|
|
|
|
|
by Forricide
479 days ago
|
|
Fixing everything is impractical, but I'd say a safer rule of thumb would be to at least understand small strangenesses/errors. In the case of things that are hard to fix - e.g. design/architectural decisions that lead to certain performance issues or what have you - it's still usually not too time consuming to get a basic understanding of why something is happening. Still better to quash small bugs and errors where possible, but at least if you know why they happen, you can prevent unforeseen issues. |
|
Nobody wants to triage an issue for eight weeks, but one thing to keep in mind is that the more difficult it is to triage an issue the more ignorance about the system that process is revealing - if your most knowledgeable team members are unable to even triage an issue in a modest amount of time it reveals that your most knowledgeable team members have large knowledge gaps when it comes to comprehending your system.

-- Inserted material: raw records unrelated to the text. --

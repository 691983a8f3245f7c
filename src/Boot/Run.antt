-- ===== src/Boot/Run.antt =====
-- The stop and the run of bootstrap/src/run.cpp, with what the other threads do meanwhile: while the
-- main thread waits, after `control_stop`, and after the end of the control thread. What the commands
-- do is an argument.
use dts_framework.Common.{
  ℕ, Bool, true, false, not, Option, none, some, List, [], ◌∷◌, if◌then◌else◌, length, Text,
}
use dts_framework.Data.Factory.{World}
use dts_framework.Infra.Console.{push_job, control_stop, control_round}
use dts_framework.Infra.Console.Server.{enter_session, leave_session, console_stop}
use dts_framework.Infra.Console.Threads.{rounds}
use dts_framework.Boot.{Env, Process, on_route_ctl, stop_worker, start, init_data}
use dts_framework.Boot.Paths.{make_console_sock_path}

-- What the other threads do: a session begins, delivers a line or ends; the middleware calls
-- `OnRouteCtl`; the workers change their data; the control thread takes a round; a signal calls
-- `Stop`.
pub data Event : Type 0 where
  enter_event : ℕ → Event
  line_event : Text → Event
  leave_event : ℕ → Event
  route_event : Option (List ℕ) → Event
  worker_event : World → Event
  control_event : Event
  stop_event : Event

module _ (exec : Text → Text → World → Text × World) where
  unfoldable pub on_event : Event → Process → Process
  unfolding enter_session leave_session push_job on_route_ctl control_round
  on_event (enter_event fd) p = record p { server = enter_session fd p.server }
  on_event (line_event line) p = record p {
    control = push_job p.control (record { line = line; resp = []; done = false; dds = false });
  }
  on_event (leave_event fd) p = record p { server = leave_session fd p.server }
  on_event (route_event payload) p = record p { control = on_route_ctl payload p.control }
  on_event (worker_event w) p = record p { world = w }
  on_event control_event p =
      let r = control_round exec p.control p.world in record p { control = r.0; world = r.1 }
  on_event stop_event p = record p { stop = true }

  unfoldable pub on_events : List Event → Process → Process
  unfolding on_event
  on_events [] p = p
  on_events (e ∷ es) p = on_events es (on_event e p)

  -- `DestroyThread` waits until the control thread has left its loop: it takes the jobs that are
  -- still in the queue, and ends.
  unfoldable pub join_control : Process → Process
  unfolding rounds control_round
  join_control p =
      let left = rounds exec (length p.control.queue) (p.control, p.world) in
      let r = control_round exec left.0 left.1 in
      if p.control_h then record p { control = r.0; world = r.1; control_h = false } else p

  -- `Process::Stop`, with the events after `control_stop` has cleared the queue and those after the
  -- end of the control thread.
  unfoldable pub stop : List Event → List Event → Process → Process
  unfolding control_stop on_events join_control console_stop stop_worker
  stop late later p =
      let joined = join_control (on_events late (record p { control = control_stop p.control })) in
      let q = on_events later joined in
      record q {
        control = record q.control { mw_up = false };
        server = (console_stop q.server).1;
        task = stop_worker q.task;
        data_ctx = stop_worker q.data_ctx;
        log = stop_worker q.log;
        comm = false;
        subs = [];
      }

  module _ (events late later : List Event) where
    unfoldable pub shut_down : Process → Process
    unfolding stop
    shut_down p = record (stop late later p) { log_up = false }

    -- `Run` from the result of `Start` on; `events` is what happens before the stop, and `none` is
    -- that `WaitStop` still waits.
    unfoldable pub run_started : Bool × Process → Option (ℕ × Process)
    unfolding shut_down on_events
    run_started (false, p) = some (3, shut_down (on_events events p))
    run_started (true, p) =
        let q = on_events events p in if q.stop then some (0, shut_down q) else none

    unfoldable pub run : Env → Option Text → Process → Option (ℕ × Process)
    unfolding run_started start stop init_data make_console_sock_path
    run env none p = some (1, record p { log_up = true })
    run env (some cfg_path) p =
        let p' = record p { log_up = true; comm = true } in
        if not env.mw_good
        then some (2, record (stop [] [] p') { log_up = false })
        else run_started (
            start env (make_console_sock_path cfg_path) (record p' {
              control = record p.control { mw_up = true };
              world = init_data env.pool p.world;
            }))
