-- ===== src/Boot/Events.antt =====
-- What the other threads leave alone while bootstrap/src/run.cpp waits or stops.
use dts_framework.Common.{
  ℕ, suc, ◌+◌, ◌≡◌, ◌⊎◌, refl, sym, ap, ◌∙◌, subst, Bool, true, false, List, [], ◌∷◌, arith, length,
  Text, Bool-cases, inl, inr, if◌then◌else◌,
}
use dts_framework.Data.Factory.{World}
use dts_framework.Infra.Console.{Job, Control, control_round, push_job}
use dts_framework.Infra.Console.Jobs.{
  IsTracked, push-IsTracked, submit-IsTracked, submit-cases, control_round_off,
}
use dts_framework.Infra.Console.Threads.{rounds, control_round-IsTracked}
use dts_framework.Infra.Console.Waits.{
  AtMost, push-AtMost, submit-AtMost, round-AtMost, rounds-AtMost, rounds-exited,
}
use dts_framework.Infra.Console.Server.{IsIdle, console_stop}
use dts_framework.Boot.{Process}
use dts_framework.Boot.Run.{
  Event, enter_event, line_event, leave_event, route_event, worker_event, control_event, stop_event,
  on_event, on_events, join_control,
}

-- The lines that sessions deliver.
abbrev pub lines : List Event → ℕ
lines [] = 0
lines (line_event line ∷ es) = suc (lines es)
lines (enter_event fd ∷ es) = lines es
lines (leave_event fd ∷ es) = lines es
lines (route_event payload ∷ es) = lines es
lines (worker_event w ∷ es) = lines es
lines (control_event ∷ es) = lines es
lines (stop_event ∷ es) = lines es

-- Whether a stop is requested.
abbrev pub asks : List Event → Bool
asks [] = false
asks (stop_event ∷ es) = true
asks (line_event line ∷ es) = asks es
asks (enter_event fd ∷ es) = asks es
asks (leave_event fd ∷ es) = asks es
asks (route_event payload ∷ es) = asks es
asks (worker_event w ∷ es) = asks es
asks (control_event ∷ es) = asks es

-- The parts of a process that only the main thread changes.
pub record Same (p q : Process) : Type 0 where
  pub task : q.task ≡ p.task
  pub data_ctx : q.data_ctx ≡ p.data_ctx
  pub log : q.log ≡ p.log
  pub server : IsIdle (console_stop p.server).1 → IsIdle (console_stop q.server).1

pub Same-trans : {p q r : Process} → Same p q → Same q r → Same p r
Same-trans a b = record {
  task = b.task ∙ a.task;
  data_ctx = b.data_ctx ∙ a.data_ctx;
  log = b.log ∙ a.log;
  server = λ h. b.server (a.server h);
}

-- The control thread is there, or has ended.
abbrev pub Joinable : Process → Type 0
Joinable p = (p.control_h ≡ true) ⊎ (p.control.exited ≡ true)

-- The end of the control thread.
pub record Joined (n : ℕ) (p q : Process) : Type 0 where
  pub same : Same p q
  pub gone : q.control_h ≡ false
  pub exited : q.control.exited ≡ true
  pub few : AtMost n q.control

module _ (exec : Text → Text → World → Text × World) where
  same_with : (p : Process) (m : Control) (w : World) → Same p (record p { control = m; world = w })
  same_with p m w = record { task = refl; data_ctx = refl; log = refl; server = λ h. h }

  event-Same : (e : Event) (p : Process) → Same p (on_event exec e p)
  unfolding on_event console_stop
  event-Same (enter_event fd) p = record {
    task = refl;
    data_ctx = refl;
    log = refl;
    server = λ h. h;
  }
  event-Same (line_event line) p = same_with p _ p.world
  event-Same (leave_event fd) p = record {
    task = refl;
    data_ctx = refl;
    log = refl;
    server = λ h. h;
  }
  event-Same (route_event payload) p = same_with p _ p.world
  event-Same (worker_event w) p = same_with p p.control w
  event-Same control_event p = same_with p _ _
  event-Same stop_event p = record { task = refl; data_ctx = refl; log = refl; server = λ h. h }

  pub events-Same : (es : List Event) (p : Process) → Same p (on_events exec es p)
  unfolding on_events
  events-Same [] p = record { task = refl; data_ctx = refl; log = refl; server = λ h. h }
  events-Same (e ∷ es) p = Same-trans (event-Same e p) (events-Same es (on_event exec e p))

  stopped_stays :
      (es : List Event) (p : Process) → p.stop ≡ true → (on_events exec es p).stop ≡ true
  unfolding on_events on_event
  stopped_stays [] p h = h
  stopped_stays (stop_event ∷ es) p h = stopped_stays es _ refl
  stopped_stays (line_event line ∷ es) p h = stopped_stays es _ h
  stopped_stays (enter_event fd ∷ es) p h = stopped_stays es _ h
  stopped_stays (leave_event fd ∷ es) p h = stopped_stays es _ h
  stopped_stays (route_event payload ∷ es) p h = stopped_stays es _ h
  stopped_stays (worker_event w ∷ es) p h = stopped_stays es _ h
  stopped_stays (control_event ∷ es) p h = stopped_stays es _ h

  -- A requested stop ends the wait.
  pub asked_stop :
      (es : List Event) (p : Process) → asks es ≡ true → (on_events exec es p).stop ≡ true
  unfolding on_events on_event
  asked_stop [] p h = absurd (cc)
  asked_stop (stop_event ∷ es) p h = stopped_stays es _ refl
  asked_stop (line_event line ∷ es) p h = asked_stop es _ h
  asked_stop (enter_event fd ∷ es) p h = asked_stop es _ h
  asked_stop (leave_event fd ∷ es) p h = asked_stop es _ h
  asked_stop (route_event payload ∷ es) p h = asked_stop es _ h
  asked_stop (worker_event w ∷ es) p h = asked_stop es _ h
  asked_stop (control_event ∷ es) p h = asked_stop es _ h

  event-IsTracked :
      (e : Event) (p : Process) → IsTracked p.control → IsTracked (on_event exec e p).control
  unfolding on_event
  event-IsTracked (enter_event fd) p v = v
  event-IsTracked (line_event line) p v = push-IsTracked p.control _ v
  event-IsTracked (leave_event fd) p v = v
  event-IsTracked (route_event payload) p v = submit-IsTracked p.control payload v
  event-IsTracked (worker_event w) p v = v
  event-IsTracked control_event p v = control_round-IsTracked exec p.control p.world v
  event-IsTracked stop_event p v = v

  pub events-IsTracked :
      (es : List Event) (p : Process)
      → IsTracked p.control
      → IsTracked (on_events exec es p).control
  unfolding on_events
  events-IsTracked [] p v = v
  events-IsTracked (e ∷ es) p v = events-IsTracked es (on_event exec e p) (event-IsTracked e p v)

  event-AtMost :
      (n : ℕ) (e : Event) (p : Process)
      → AtMost n p.control
      → AtMost (n + lines (e ∷ [])) (on_event exec e p).control
  unfolding on_event
  event-AtMost n (line_event line) p v =
      let one : suc n ≡ n + 1 = omega arith in
      let job : Job = record { line = line; resp = []; done = false; dds = false } in
      subst (λ k. AtMost k (push_job p.control job)) one (push-AtMost n p.control job v)
  event-AtMost n (enter_event fd) p v = let e : n + 0 ≡ n = omega arith in rw e v
  event-AtMost n (leave_event fd) p v = let e : n + 0 ≡ n = omega arith in rw e v
  event-AtMost n (route_event payload) p v =
      let e : n + 0 ≡ n = omega arith in rw e (submit-AtMost n p.control payload v)
  event-AtMost n (worker_event w) p v = let e : n + 0 ≡ n = omega arith in rw e v
  event-AtMost n control_event p v =
      let e : n + 0 ≡ n = omega arith in rw e (round-AtMost exec n p.control p.world v)
  event-AtMost n stop_event p v = let e : n + 0 ≡ n = omega arith in rw e v

  lines-cons :
      (n : ℕ) (e : Event) (es : List Event) → n + lines (e ∷ []) + lines es ≡ n + lines (e ∷ es)
  lines-cons n (line_event line) es = omega arith
  lines-cons n (enter_event fd) es = omega arith
  lines-cons n (leave_event fd) es = omega arith
  lines-cons n (route_event payload) es = omega arith
  lines-cons n (worker_event w) es = omega arith
  lines-cons n control_event es = omega arith
  lines-cons n stop_event es = omega arith

  pub events-AtMost :
      (n : ℕ) (es : List Event) (p : Process)
      → AtMost n p.control
      → AtMost (n + lines es) (on_events exec es p).control
  unfolding on_events
  events-AtMost n [] p v = let e : n + 0 ≡ n = omega arith in rw e v
  events-AtMost n (e ∷ es) p v =
      subst (λ k. AtMost k (on_events exec es (on_event exec e p)).control) (lines-cons n e es)
        (events-AtMost (n + lines (e ∷ [])) es (on_event exec e p) (event-AtMost n e p v))

  -- What has ended stays ended, and the handle of the control thread stays.
  event-exited :
      (e : Event) (p : Process)
      → ((on_event exec e p).control_h ≡ p.control_h)
        × (p.control.exited ≡ true → (on_event exec e p).control.exited ≡ true)
  unfolding on_event push_job
  event-exited (enter_event fd) p = (refl, λ h. h)
  event-exited (line_event line) p = (refl, λ h. h)
  event-exited (leave_event fd) p = (refl, λ h. h)
  event-exited (route_event payload) p =
      (refl, λ h. submit-cases p.control payload (λ m. m.exited ≡ true) h (λ job fresh. h))
  event-exited (worker_event w) p = (refl, λ h. h)
  event-exited control_event p =
      (refl, λ h. ap (λ r. r.0.exited) (control_round_off exec p.control p.world h) ∙ h)
  event-exited stop_event p = (refl, λ h. h)

  pub events-exited :
      (es : List Event) (p : Process)
      → ((on_events exec es p).control_h ≡ p.control_h)
        × (p.control.exited ≡ true → (on_events exec es p).control.exited ≡ true)
  unfolding on_events
  events-exited [] p = (refl, λ h. h)
  events-exited (e ∷ es) p =
      let (same, ended) = event-exited e p in
      let (same', ended') = events-exited es (on_event exec e p) in
      (same' ∙ same, λ h. ended' (ended h))

  pub events-Joinable :
      (es : List Event) (p : Process) → Joinable p → Joinable (on_events exec es p)
  events-Joinable es p h =
      let (same, ended) = events-exited es p in
      elim h [ inl made ↦ inl (same ∙ made) | inr gone ↦ inr (ended gone) ]

  -- The process after the join of a control thread that was made.
  abbrev joined : Process → Process
  joined p =
      let left = rounds exec (length p.control.queue) (p.control, p.world) in
      let r = control_round exec left.0 left.1 in
      record p { control = r.0; world = r.1; control_h = false }

  join_made : (p : Process) → p.control_h ≡ true → join_control exec p ≡ joined p
  unfolding join_control
  join_made p made = ap (λ b. if b then joined p else p) made

  join_none : (p : Process) → p.control_h ≡ false → join_control exec p ≡ p
  unfolding join_control
  join_none p none_made = ap (λ b. if b then joined p else p) none_made

  pub join-Joined :
      (n : ℕ) (p : Process)
      → IsTracked p.control
      → AtMost n p.control
      → Joinable p
      → Joined n p (join_control exec p)
  join-Joined n p t v h = elim (Bool-cases p.control_h) [
    | inl made ↦
        let k = length p.control.queue in
        let left = rounds exec k (p.control, p.world) in
        let rest = rounds-AtMost exec n k p.control p.world v in
        subst (Joined n p) (sym (join_made p made)) (record {
          same = record { task = refl; data_ctx = refl; log = refl; server = λ h. h };
          gone = refl;
          exited = rounds-exited exec n p.control p.world t v;
          few = round-AtMost exec n left.0 left.1 rest;
        })
    | inr none_made ↦ subst (Joined n p) (sym (join_none p none_made)) (record {
      same = same_with p p.control p.world;
      gone = none_made;
      exited = ended p h none_made;
      few = v;
    })
  ]
    where
      ended : (p : Process) → Joinable p → p.control_h ≡ false → p.control.exited ≡ true
      ended p (inl made) none_made = absurd (cc)
      ended p (inr gone) none_made = gone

This, at least, goes for a vague comprehension of the cause - there are times you'll know approximately what's going wrong but may get a question from the executive suite about the problem (i.e. "Precisely how many users were affected by the outage that caused us to lose our access_log") that might take weeks or months or be genuinely nigh-on-impossible to answer - I don't count questions like that as part of issue diagnosis. And if it's a futile question you should be highly defensive about developer time.